▶ _Supplied records_

%%

-- ===== src/Log/Conversion.antt =====
-- One conversion of the formatter: it stays within the buffer and its own array.
use anbo_mos.Common.{
  ℕ, suc, ◌-◌, ◌*◌, ◌%◌, ◌^◌, ◌≤◌, ◌<◌, Bool, true, false, ◌||◌, ◌&&◌, some, List, [], ◌∷◌, ◌≡◌,
  refl, ◌⊎◌, inl, inr, Bool-cases, arith, ltb, ◌==◌, length, length-append, length-take, take,
  add32,
}
use anbo_mos.Log.{i32_to_dec, minus_char}
use anbo_mos.Log.Digits.{i32_to_dec-Written, u32_to_dec-Written, u32_to_hex-Written}
use anbo_mos.Log.Format.{
  Arg, word, text, Outcome, done, bad_args, pad_flag, width_loop, put_all, put_number, text_of,
  convert, put_plain, conversion,
}
use anbo_mos.Log.Fits.{in_text, wants_arg, suits, fits, fits_spec}

pub length-pad_flag : (p : List ℕ) → length (pad_flag p).1 ≤ length p
unfolding pad_flag
length-pad_flag [] = omega arith
length-pad_flag (c ∷ p) = ground arith

pub length-width_loop : (w : ℕ) (p : List ℕ) → length (width_loop w p).1 ≤ length p
unfolding width_loop
length-width_loop w [] = omega arith
length-width_loop w (c ∷ p) = elim (Bool-cases (ltb 48 c && ltb c 58)) [
  | inl digit ↦
      let w' = add32 ((w * 10) % 2 ^ 32) (c - 48) in
      rw digit (omega (arith, length-width_loop w' p))
  | inr other ↦ rw other (omega arith)
]

put_all-length :
    (size : ℕ) (out s : List ℕ) → length out ≤ size → length (put_all size out s) ≤ size
put_all-length size out s h =
    omega (arith, length-append out (take (size - length out) s), length-take (size - length out) s)

-- The arguments are words of the machine, and texts.
abbrev pub AreWords : List Arg → Type 0
AreWords [] = Unit
AreWords (word v ∷ args) = (v < 2 ^ 32) × AreWords args
AreWords (text s ∷ args) = AreWords args

-- The run has ended with at most `size` characters.
abbrev pub Within : ℕ → Outcome → Type 0
Within size o = (out : List ℕ) × (o ≡ done out) × (length out ≤ size)

put_number-Within :
    (size width pad : ℕ) (out : List ℕ) (digits : List ℕ) (n : ℕ)
    → length out ≤ size
    → Within size (put_number size width pad out (some (digits, n)))
put_number-Within size width pad out digits n h =
    (_, refl, put_all-length size _ (take n digits) (put_all-length size out _ h))

i32_to_dec-some : (v : ℕ) → v < 2 ^ 32 → (r : List ℕ × ℕ) × (i32_to_dec 12 v ≡ some r)
i32_to_dec-some v h =
    let w = i32_to_dec-Written 12 v (omega arith) h in
    elim (Bool-cases (ltb v (2 ^ 31))) [
      | inl plain ↦ let (out, e, _, _) = rw plain at w in ((out, length out), e)
      | inr negative ↦
          let (out, e, _, _) = rw negative at w in ((minus_char ∷ out, suc (length out)), e)
    ]

-- A conversion that suits its argument leaves at most `size` characters, and does not write past its
-- array; the others are undefined.
unfoldable Suited : (size c : ℕ) → Arg → Outcome → Type 0
Suited size c a o = ((o ≡ bad_args) × (suits c a ≡ false)) ⊎ (Within size o × (suits c a ≡ true))

one_left :
    (a b c d e : Bool)
    → a || b || c || d || e ≡ true
    → a ≡ false
    → b ≡ false
    → c ≡ false
    → e ≡ false
    → d ≡ true
one_left a b c d e w p q r t = ground arith

convert-Suited :
    (size width pad c : ℕ) (a : Arg) (args : List Arg) (out : List ℕ)
    → length out < size
    → AreWords (a ∷ args)
    → wants_arg c ≡ true
    → Suited size c a (convert size width pad c a out)
unfolding convert Suited
convert-Suited size width pad c (word v) args out h (small, _) w = elim (Bool-cases (c == 100)) [
  | inl e ↦
      let ((digits, n), r) = i32_to_dec-some v small in
      rw (e, r) (inr (put_number-Within size width pad out digits n (omega arith), ground arith))
  | inr e1 ↦ rw e1 (elim (Bool-cases (c == 117)) [
    | inl e ↦
        let (digits, r, _, _) = u32_to_dec-Written 10 v (omega arith) small in
        rw (e, r)
          (inr (
            put_number-Within size width pad out digits (length digits) (omega arith),
            ground arith,
          ))
    | inr e2 ↦ rw e2 (elim (Bool-cases (c == 120)) [
      | inl e ↦
          let (digits, r, _, _) = u32_to_hex-Written 8 v (omega arith) small in
          rw (e, r)
            (inr (
              put_number-Within size width pad out digits (length digits) (omega arith),
              ground arith,
            ))
      | inr e3 ↦ rw e3 (elim (Bool-cases (c == 99)) [
        | inl e ↦
            rw e (inr ((_, refl, omega (arith, length-append out (v % 2 ^ 8 ∷ []))), ground arith))
        | inr e4 ↦
            let last : (c == 115) ≡ true =
              one_left (c == 100) (c == 117) (c == 120) (c == 115) (c == 99) w e1 e2 e3 e4 in
            rw (e4, last) (inl (refl, refl))
      ])
    ])
  ])
]
convert-Suited size width pad c (text s) args out h w' w = elim (Bool-cases (c == 115)) [
  | inl e ↦ rw e (inr ((_, refl, put_all-length size out (text_of s) (omega arith)), refl))
  | inr e ↦ rw e (inl (refl, refl))
]

put_plain-length :
    (size c : ℕ) (out : List ℕ) → length out < size → length (put_plain size c out) ≤ size
put_plain-length size c out h = elim (Bool-cases (c == 37)) [
  | inl e ↦ rw e (omega (arith, length-append out (37 ∷ [])))
  | inr e ↦ rw e (put_all-length size out (37 ∷ c ∷ []) (omega arith))
]

-- One conversion: undefined where the arguments do not fit; otherwise it leaves at most `size`
-- characters, and the arguments for the rest of the format.
unfoldable pub Converted : (size c : ℕ) → (rest : List ℕ) → List Arg → Outcome × List Arg → Type 0
Converted size c rest args (o, args') =
    ((o ≡ bad_args) × (fits_spec (c ∷ rest) args ≡ false))
    ⊎ (Within size o × AreWords args' × (fits_spec (c ∷ rest) args ≡ fits in_text rest args'))

tail-AreWords : (a : Arg) (args : List Arg) → AreWords (a ∷ args) → AreWords args
tail-AreWords (word v) args w = w.1
tail-AreWords (text s) args w = w

pub conversion-Converted :
    (size width pad c : ℕ) (rest : List ℕ) (args : List Arg) (out : List ℕ)
    → length out < size
    → AreWords args
    → Converted size c rest args (conversion size width pad c args out)
unfolding conversion Converted Suited
conversion-Converted size width pad c rest [] out h w = elim (Bool-cases (wants_arg c)) [
  | inl e ↦ rw e (inl (refl, refl))
  | inr e ↦ rw e (inr ((put_plain size c out, refl, put_plain-length size c out h), tt, refl))
]
conversion-Converted size width pad c rest (a ∷ args) out h w = elim (Bool-cases (wants_arg c)) [
  | inl e ↦ elim (convert-Suited size width pad c a args out h w e) [
    | inl (bad, misfit) ↦ rw e (inl (bad, rw misfit refl))
    | inr (good, suited) ↦ rw e (inr (good, tail-AreWords a args w, rw suited refl))
  ]
  | inr e ↦ rw e (inr ((put_plain size c out, refl, put_plain-length size c out h), w, refl))
]
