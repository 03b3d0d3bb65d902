-- ===== src/Log/Bounds.antt =====
-- `Anbo_Format_V` ends, and stays within its buffer and the arrays of the conversions.
use anbo_mos.Common.{
  ℕ, zero, suc, ◌+◌, ◌-◌, ◌≤◌, ◌<◌, true, false, some, List, [], ◌∷◌, ◌++◌, ◌≡◌, refl, ap, ◌∙◌, ◌⊎◌,
  inl, inr, Bool-cases, arith, ltb, ◌==◌, length, length-append,
}
use anbo_mos.Log.Format.{Arg, Outcome, bad_args, pad_flag, width_loop, format_loop, format_v}
use anbo_mos.Log.Fits.{in_text, fits, fits_spec, fits-pad_flag}
use anbo_mos.Log.Conversion.{
  AreWords, Within, Converted, conversion-Converted, length-pad_flag, length-width_loop,
}

-- The run has met an undefined use of `va_arg`, for arguments that do not fit, or has ended with at
-- most `size` characters; in particular it has not written past an array, or run out of rounds.
abbrev pub Ended : ℕ → (fmt : List ℕ) → List Arg → Outcome → Type 0
Ended size fmt args o = ((o ≡ bad_args) × (fits in_text fmt args ≡ false)) ⊎ Within size o

List-cases {ℓ} :
    {A : Type ℓ} (xs : List A) → (xs ≡ []) ⊎ ((x : A) × (rest : List A) × (xs ≡ x ∷ rest))
List-cases [] = inl refl
List-cases (x ∷ rest) = inr (x, rest, refl)

fits-plain :
    (c : ℕ) (fmt : List ℕ) (args : List Arg)
    → (c == 37) ≡ false
    → fits in_text (c ∷ fmt) args ≡ fits in_text fmt args
unfolding fits
fits-plain c fmt args e = rw e refl

fits-percent :
    (c : ℕ) (fmt : List ℕ) (args : List Arg)
    → (c == 37) ≡ true
    → fits in_text (c ∷ fmt) args ≡ fits_spec (width_loop 0 (pad_flag fmt).1).1 args
unfolding fits
fits-percent c fmt args e = rw e (fits-pad_flag fmt args)

format_loop-Ended :
    (fuel size : ℕ) (fmt : List ℕ) (args : List Arg) (out : List ℕ)
    → length fmt < fuel
    → length out ≤ size
    → AreWords args
    → Ended size fmt args (format_loop fuel size fmt args out)
unfolding format_loop Converted
format_loop-Ended zero size fmt args out f h w = absurd (omega arith)
format_loop-Ended (suc fuel) size [] args out f h w = inr (out, refl, h)
format_loop-Ended (suc fuel) size (c ∷ fmt) args out f h w =
    let (pad, p) = pad_flag fmt in
    let (width, q) = width_loop 0 p in
    elim (Bool-cases (ltb (length out) size)) [
      | inr full ↦ rw full (inr (out, refl, h))
      | inl room ↦
          let small : length out < size = ground arith in
          elim (Bool-cases (c == 37)) [
            | inr plain ↦
                rw (room, plain, fits-plain c fmt args plain)
                  (format_loop-Ended fuel size fmt args (out ++ c ∷ []) (omega arith)
                    (omega (arith, length-append out (c ∷ []))) w)
            | inl percent ↦
                let asks = fits-percent c fmt args percent in
                elim (List-cases q) [
                  | inl e ↦ rw (room, percent, e) (inr (out, refl, h))
                  | inr (spec, rest, e) ↦
                      let short : length rest < fuel =
                        omega (arith, length-pad_flag fmt, length-width_loop 0 p, ap length e) in
                      let asks' = asks ∙ ap (λ r. fits_spec r args) e in
                      elim (conversion-Converted size width pad spec rest args out small w) [
                        | inl (bad, misfit) ↦
                            rw (room, percent, e, bad) (inl (refl, asks' ∙ misfit))
                        | inr ((o, good, l), w', left) ↦
                            rw (room, percent, e, good, asks' ∙ left)
                              (format_loop-Ended fuel size rest _ o short l w')
                      ]
                ]
          ]
    ]

-- `Anbo_Format_V` ends for every format and all arguments that are words and texts, and never writes
-- past its buffer or the array of a conversion: if the arguments are those that the format asks for,
-- in number and kind, it leaves a text that is shorter than the buffer, so that the final zero fits
-- as well; otherwise it leaves such a text or takes an argument that is missing or of the wrong kind.
pub format_v-Ended :
    (size : ℕ) (fmt : List ℕ) (args : List Arg)
    → 0 < size
    → AreWords args
    → Ended (size - 1) fmt args (format_v size (some fmt) args)
unfolding format_v
format_v-Ended size fmt args h w =
    let used : (size == 0) ≡ false = ground arith in
    rw used
      (format_loop-Ended (length fmt + 1) (size - 1) fmt args [] (omega arith) (omega arith) w)
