-- ===== src/Log/Examples.antt =====
-- The conversions at concrete inputs: tests, and the theorems applied.
use anbo_mos.Common.{true, ℕ, suc, ◌-◌, ◌^◌, ◌≤◌, some, List, [], ◌∷◌, ◌≡◌, refl, arith, length}
use anbo_mos.Log.{u32_to_dec, i32_to_dec, u32_to_hex, nibble_to_hex, minus_char}
use anbo_mos.Log.Format.{Arg, word, text, done, format_v}
use anbo_mos.Log.Fits.{in_text, fits}
use anbo_mos.Log.Bounds.{Ended, format_v-Ended}
use anbo_mos.Log.Digits.{parsed, i32_to_dec-Written}

-- "7010"
four_digits : u32_to_dec 12 7010 ≡ some (55 ∷ 48 ∷ 49 ∷ 48 ∷ [], 4)
unfolding u32_to_dec
four_digits = refl

-- "-5"
minus_five : i32_to_dec 12 (2 ^ 32 - 5) ≡ some (45 ∷ 53 ∷ [], 2)
unfolding i32_to_dec
minus_five = refl

-- "a07f"
four_nibbles : u32_to_hex 8 41087 ≡ some (97 ∷ 48 ∷ 55 ∷ 102 ∷ [], 4)
unfolding u32_to_hex nibble_to_hex
four_nibbles = refl

-- INT32_MIN
i32_to_dec-Written_example :
    (out : List ℕ) × (i32_to_dec 12 2147483648 ≡ some (minus_char ∷ out, suc (length out)))
    × (parsed 10 out 0 ≡ 2147483648)
    × (length out ≤ 10)
i32_to_dec-Written_example = i32_to_dec-Written 12 2147483648 (omega arith) (omega arith)

-- "x=%04x" with 0xa7 in a buffer of 16
padded :
    format_v 16 (some (120 ∷ 61 ∷ 37 ∷ 48 ∷ 52 ∷ 120 ∷ [])) (word 167 ∷ [])
    ≡ done (120 ∷ 61 ∷ 48 ∷ 48 ∷ 97 ∷ 55 ∷ [])
unfolding format_v nibble_to_hex
padded = refl

-- "%10u" is read as the width 1 and the unknown conversion "0": it comes out as "%0u".
width_of_ten :
    format_v 16 (some (37 ∷ 49 ∷ 48 ∷ 117 ∷ [])) (word 7 ∷ []) ≡ done (37 ∷ 48 ∷ 117 ∷ [])
unfolding format_v
width_of_ten = refl

-- "%s=%u" with "ab" and 7010, in a buffer of 6
abbrev equation : List ℕ
equation = 37 ∷ 115 ∷ 61 ∷ 37 ∷ 117 ∷ []

abbrev two_args : List Arg
two_args = text (some (97 ∷ 98 ∷ [])) ∷ word 7010 ∷ []

asked_for : fits in_text equation two_args ≡ true
unfolding fits
asked_for = refl

format_v-Ended_example : Ended 5 equation two_args (format_v 6 (some equation) two_args)
format_v-Ended_example = format_v-Ended 6 equation two_args (omega arith) (omega arith, tt)
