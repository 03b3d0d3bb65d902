-- ===== src/Output.antt =====
-- kernel/src/anbo_log.c: the output side of the logger. `W` is what the log reaches through its
-- pointers: the device, and the flash behind the flash writer.
pub mod Stream
pub mod Adds
pub mod Line
pub mod Session
pub mod Drain
mod Examples
use anbo_mos.Common.{
  ℕ, zero, suc, ◌+◌, bit_and, Bool, true, false, not, ◌&&◌, Option, none, some, List, [], ◌∷◌, ◌==◌,
  ltb, if◌then◌else◌, length, get_or, set, replicate,
}
use anbo_mos.Ring.{Ring, def_ring, reset, count, is_empty, peek, skip, write, clamp}
use anbo_mos.Log.Format.{Arg, Outcome, done, bad_args, overrun, out_of_rounds, format_v}

abbrev pub sink_uart : ℕ
sink_uart = 1

abbrev pub sink_flash : ℕ
sink_flash = 2

-- The defaults of the `ANBO_CONF_LOG_...` macros.
abbrev pub log_rb_order : ℕ
log_rb_order = 10

abbrev pub log_level : ℕ
log_level = 3

abbrev pub log_line_max : ℕ
log_line_max = 128

abbrev pub sink_default : ℕ
sink_default = sink_uart

abbrev pub lvl_debug : ℕ
lvl_debug = 3

-- The device that the log is bound to: `Anbo_Dev_AsyncWrite` on it, and whether it has a transmit
-- ring that is not empty.
pub record LogDevice (W : Type 0) : Type 0 where
  pub write_to : List ℕ → W → ℕ × W
  pub tx_held : W → Bool

-- The static variables. `none` is a `NULL` pointer.
pub record Output (W : Type 0) : Type 0 where
  pub log_rb : Ring
  pub log_dev : Option (LogDevice W)
  pub sink_mask : List ℕ
  pub flash_writer : Option (List ℕ → W → W)

module _ {W : Type 0} where
  -- Before `Anbo_Log_Init`.
  unfoldable pub static_output : Output W
  unfolding def_ring
  static_output = record {
    log_rb = def_ring log_rb_order;
    log_dev = none;
    sink_mask = replicate 4 sink_default;
    flash_writer = none;
  }

  unfoldable pub init : Option (LogDevice W) → Output W → Output W
  init dev o = record o { log_rb = reset o.log_rb; log_dev = dev }

  unfoldable pub set_device : Option (LogDevice W) → Output W → Output W
  set_device dev o = record o { log_dev = dev }

  unfoldable pub set_sink : (level mask : ℕ) → Output W → Output W
  set_sink level mask o =
      if ltb lvl_debug level then o else record o { sink_mask = set o.sink_mask level mask }

  unfoldable pub set_flash_writer : Option (List ℕ → W → W) → Output W → Output W
  set_flash_writer fn o = record o { flash_writer = fn }

  unfoldable pub write_raw : List ℕ → Output W → ℕ × Output W
  write_raw bytes o =
      let (written, rb) = write o.log_rb bytes in (written, record o { log_rb = rb })

  unfoldable pub pending : Output W → ℕ
  pending o = count o.log_rb

  -- The two sinks of a formatted line.
  unfoldable pub to_uart : ℕ → List ℕ → Output W → Output W
  unfolding write_raw
  to_uart mask line o = if bit_and mask sink_uart == 0 then o else (write_raw line o).1

  unfoldable pub to_flash : ℕ → List ℕ → W × Output W → W × Output W
  to_flash mask line (w, o) = elim o.flash_writer [
    | none ↦ (w, o)
    | some fn ↦ if bit_and mask sink_flash == 0 then (w, o) else (fn line w, o)
  ]

  unfoldable pub emit : ℕ → List ℕ → W × Output W → W × Output W
  unfolding to_uart to_flash
  emit mask line (w, o) = to_flash mask line (w, to_uart mask line o)

  -- `none` is a call that C leaves undefined, with arguments that do not fit the format.
  unfoldable pub printf : ℕ → Option (List ℕ) → List Arg → W × Output W → Option (W × Output W)
  unfolding emit
  printf level fmt args (w, o) =
      if ltb log_level level then some (w, o) else elim (format_v log_line_max fmt args) [
        | done line ↦ some (emit (get_or o.sink_mask level 0) line (w, o))
        | bad_args ↦ none
        | overrun ↦ none
        | out_of_rounds ↦ none
      ]

-- `sizeof(chunk)` of `Anbo_Log_Flush`, and `limit` and the rounds of a wait of `Anbo_Log_DrainAll`.
abbrev pub chunk_size : ℕ
chunk_size = 64

abbrev pub drain_limit : ℕ
drain_limit = 500000

abbrev pub spin_rounds : ℕ
spin_rounds = 200

-- `Anbo_Arch_UART_Transmit_DMA`, with whether it returned 0, and `Anbo_Arch_UART_PutChar`.
module _ {W : Type 0} (transmit_dma : List ℕ → W → Bool × W) (put_char : ℕ → W → W) where
  unfoldable pub put_chars : List ℕ → W → W
  put_chars [] w = w
  put_chars (c ∷ rest) w = put_chars rest (put_char c w)

  -- Step 2 of `Anbo_Log_Flush`: the number of bytes accepted.
  unfoldable pub submit : Option (LogDevice W) → List ℕ → W → ℕ × W
  unfolding put_chars
  submit (some dev) chunk w = dev.write_to chunk w
  submit none chunk w =
      let (started, w') = transmit_dma chunk w in
      if started then (length chunk, w') else (length chunk, put_chars chunk w')

  unfoldable pub flush : W × Output W → W × Output W
  unfolding submit
  flush (w, o) =
      let avail = clamp (count o.log_rb) chunk_size in
      let chunk = peek o.log_rb avail in
      if count o.log_rb == 0
      then (w, o)
      else if length chunk == 0
      then (w, o)
      else let (accepted, w') = submit o.log_dev chunk w in
        if ltb 0 accepted then (w', record o { log_rb = (skip o.log_rb accepted).1 }) else (w', o)

  -- The two loops of `Anbo_Log_DrainAll` with `n` rounds left; `spin` is what happens in the system
  -- during a wait. The result is the guard and the system, `none` where the rounds do not suffice.
  module _ (spin : W × Output W → W × Output W) where
    unfoldable pub drain_log : (n guard : ℕ) → W × Output W → Option (ℕ × (W × Output W))
    unfolding flush pending
    drain_log zero guard s =
        if ltb 0 (pending s.1) && ltb guard drain_limit then none else some (guard, s)
    drain_log (suc n) guard s =
        let rest = drain_log n (guard + spin_rounds) (spin (flush s)) in
        if ltb 0 (pending s.1) && ltb guard drain_limit then rest else some (guard, s)

    unfoldable pub drain_tx :
        (LogDevice W) → (n guard : ℕ) → W × Output W → Option (ℕ × (W × Output W))
    drain_tx dev zero guard s =
        if dev.tx_held s.0 && ltb guard drain_limit then none else some (guard, s)
    drain_tx dev (suc n) guard s =
        let rest = drain_tx dev n (guard + spin_rounds) (spin s) in
        if dev.tx_held s.0 && ltb guard drain_limit then rest else some (guard, s)

    -- Phase 2, if a device is bound.
    unfoldable pub drain_device :
        Option (LogDevice W) → (n guard : ℕ) → W × Output W → Option (ℕ × (W × Output W))
    unfolding drain_tx
    drain_device none n guard s = some (guard, s)
    drain_device (some dev) n guard s = drain_tx dev n guard s

    unfoldable pub drain_all : (n : ℕ) → W × Output W → Option (ℕ × (W × Output W))
    unfolding drain_log drain_device
    drain_all n s = elim (drain_log n 0 s) [
      | none ↦ none
      | some (guard, s') ↦ drain_device s'.1.log_dev n guard s'
    ]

%%

▶ _What is needed_
Could you repeat exactly the lines in the listing above from the one with "Ended size fmt args o" down to the one with "inr plain ↦"? Include both of those lines.

▶ _Output_
Ended size fmt args o = ((o ≡ bad_args) × (fits in_text fmt args ≡ false)) ⊎ Within size o

List-cases {ℓ} :
    {A : Type ℓ} (xs : List A) → (xs ≡ []) ⊎ ((x : A) × (rest : List A) × (xs ≡ x ∷ rest))
List-cases [] = inl refl
List-cases (x ∷ rest) = inr (x, rest, refl)

fits-plain :
    (c : ℕ) (fmt : List ℕ) (args : List Arg)
    → (c == 37) ≡ false
    → fits in_text (c ∷ fmt) args ≡ fits in_text fmt args
unfolding fits
fits-plain c fmt args e = rw e refl

fits-percent :
    (c : ℕ) (fmt : List ℕ) (args : List Arg)
    → (c == 37) ≡ true
    → fits in_text (c ∷ fmt) args ≡ fits_spec (width_loop 0 (pad_flag fmt).1).1 args
unfolding fits
fits-percent c fmt args e = rw e (fits-pad_flag fmt args)

format_loop-Ended :
    (fuel size : ℕ) (fmt : List ℕ) (args : List Arg) (out : List ℕ)
    → length fmt < fuel
    → length out ≤ size
    → AreWords args
    → Ended size fmt args (format_loop fuel size fmt args out)
unfolding format_loop Converted
format_loop-Ended zero size fmt args out f h w = absurd (omega arith)
format_loop-Ended (suc fuel) size [] args out f h w = inr (out, refl, h)
format_loop-Ended (suc fuel) size (c ∷ fmt) args out f h w =
    let (pad, p) = pad_flag fmt in
    let (width, q) = width_loop 0 p in
    elim (Bool-cases (ltb (length out) size)) [
      | inr full ↦ rw full (inr (out, refl, h))
      | inl room ↦
          let small : length out < size = ground arith in
          elim (Bool-cases (c == 37)) [
            | inr plain ↦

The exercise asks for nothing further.